One of the shining assets of the film is that Shanley and director Jewison give us a true ensemble piece, and what a brilliantly cast ensemble piece it is. We come to know the entire Castorini family—three generations (including the sly and dignified Feodor Chaliapin, Jr. as Cosmo’s octogenarian father) and five adopted dogs all under one roof, along with the Cammareri brothers, and Rose’s sister and brother-in-law the Capomaggis, played superbly by the great stage actress Julie Bavasso and Louis Guss who makes memorable delight with his few scenes. Olympia Dukakis is sublime as Rose, a wife and mother beyond illusions, shrewdly intelligent, strong, wryly humorous, a survivor; she very deservedly won the Best Supporting Actress Oscar along with most other awards. Vincent Gardenia’s Cosmo (Oscar nominated) is a master class in droll, underplayed farce—a master of his house beset by his fears of aging, alternately cagy and equivocal, and so fully inhabited by his human frailties that he is at times deeply touching. All of the actors seem uncannily destined for their roles: they embrace them and grow in them like flowers bedded in good earth, moving and breathing with the perfect tone of the project—the exquisite balance of Jewison’s direction and Shanley’s writing—and they make of the unlikely mesh of undershirt-in-kitchen naturalism and urbane drawing-room comedy an extraordinary film. Even when a scene takes place literally near a kitchen sink the movie has an exuberant glamor, a lush lyricism.

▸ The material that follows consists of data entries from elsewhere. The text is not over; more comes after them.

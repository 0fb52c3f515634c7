-- ===== src/Tests/Csv/Cells.antt =====
-- The rows of a table as lists of names and values, and the table's entries without repeated names.
use nstl.Prelude.{
  ℕ, ◌≡◌, refl, sym, ap, ◌∙◌, ◌≢◌, inl, inr, ◌&&◌, Option, none, some, List, [], ◌∷◌, arith, ◌==◌,
  if◌then◌else◌, Bool-cases, same_text, same_text_iff, text-cases, same_text_self, same_text_of_ne,
}
use nstl.Csv.Data.{Cells, CellsLaws, place_of, IsDistinct}
use nstl.Tests.Csv.Table.{table, lookup_list, same}

abbrev look : List (List ℕ × List ℕ) → List ℕ → Option (List ℕ)
look [] col = none
look ((name, value) ∷ m) col =
    let rest = look m col in if same_text name col then some value else rest

abbrev pub cells : Cells
cells = record {
  Mapping = List (List ℕ × List ℕ);
  empty = [];
  emplace_hint = λ col value m. elim (look m col) [ none ↦ (col, value) ∷ m | some v ↦ m ];
  lookup = look;
}

abbrev without : List ℕ → List (List ℕ × ℕ) → List (List ℕ × ℕ)
without col [] = []
without col ((name, idx) ∷ es) =
    let rest = without col es in if same_text name col then rest else (name, idx) ∷ rest

abbrev pub entries : List (List ℕ × ℕ) → List (List ℕ × ℕ)
entries [] = []
entries ((name, idx) ∷ m) = (name, idx) ∷ without name (entries m)

place-without : (col : List ℕ) (es : List (List ℕ × ℕ)) → place_of (without col es) col ≡ none
place-without col [] = refl
place-without col ((name, idx) ∷ es) = ground (arith, place-without col es)

without_other :
    (col other : List ℕ) (es : List (List ℕ × ℕ))
    → other ≢ col
    → place_of (without col es) other ≡ place_of es other
without_other col other [] ne = refl
without_other col other ((name, idx) ∷ es) ne = elim (text-cases name col) [
  | inl e ↦
      let here = (same_text_iff name col).1 e in
      let there = same_text_of_ne name other (λ eq. ne (sym eq ∙ e)) in
      ground (arith, here, there, without_other col other es ne)
  | inr differs ↦
      let here = same_text_of_ne name col differs in
      ground (arith, here, without_other col other es ne)
]

without_missing :
    (col other : List ℕ) (es : List (List ℕ × ℕ))
    → place_of es other ≡ none
    → place_of (without col es) other ≡ none
without_missing col other es missing = elim (text-cases other col) [
  | inl e ↦ ap (place_of (without col es)) e ∙ place-without col es
  | inr ne ↦ without_other col other es ne ∙ missing
]

without-IsDistinct :
    (col : List ℕ) (es : List (List ℕ × ℕ)) → IsDistinct es → IsDistinct (without col es)
without-IsDistinct col [] distinct = tt
without-IsDistinct col ((name, idx) ∷ es) (once, distinct) =
    elim (Bool-cases (same_text name col)) [
      | inl e ↦ rw e (without-IsDistinct col es distinct)
      | inr e ↦ rw e (without_missing col name es once, without-IsDistinct col es distinct)
    ]

entries-IsDistinct : (m : List (List ℕ × ℕ)) → IsDistinct (entries m)
entries-IsDistinct [] = tt
entries-IsDistinct ((name, idx) ∷ m) =
    (place-without name (entries m), without-IsDistinct name (entries m) (entries-IsDistinct m))

same-same_text : (s t : List ℕ) → same s t ≡ same_text s t
same-same_text [] [] = refl
same-same_text [] (d ∷ t) = refl
same-same_text (c ∷ s) [] = refl
same-same_text (c ∷ s) (d ∷ t) = ap (λ b. c == d && b) (same-same_text s t)

lookup_entries :
    (m : List (List ℕ × ℕ)) (col : List ℕ) → lookup_list m col ≡ place_of (entries m) col
lookup_entries [] col = refl
lookup_entries ((name, idx) ∷ m) col = elim (text-cases name col) [
  | inl e ↦
      let here = (same_text_iff name col).1 e in
      let there = same-same_text name col ∙ here in ground (arith, here, there)
  | inr ne ↦
      let here = same_text_of_ne name col ne in
      let there = same-same_text name col ∙ here in
      let rest = without_other name col (entries m) (λ e. ne (sym e)) in
      ground (arith, here, there, rest, lookup_entries m col)
]

pub cells_laws : CellsLaws table entries cells
cells_laws = record {
  lookup_entries = lookup_entries;
  entries-IsDistinct = entries-IsDistinct;
  lookup-empty = λ col. refl;
  lookup_new =
      λ col value m missing. let here = same_text_self col in ground (arith, missing, here);
  lookup_other = λ col other value m ne.
      let there = same_text_of_ne col other (λ e. ne (sym e)) in ground (arith, there);
}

Norman Jewison (who will be 90 in July) had been respected for decades as a skilled journeyman director with a well-informed social conscience; actors found him sensitive, intuitive, and intellectually adroit. With Moonstruck, at 61, he was acknowledged as a master. The project may have seemed an unlikely fit for the man who’d helmed In the Heat of the Night, A Soldier’s Story, and Agnes of God, but he made of this comic masterpiece much more than an infectious ethnic romance. At times hilarious, at times poignant, Moonstruck is a classic that transcends our usual notions of romantic comedy to become something more resonant, more joyous, more lasting—it’s an operatic ode to the constant unexpectedness of love.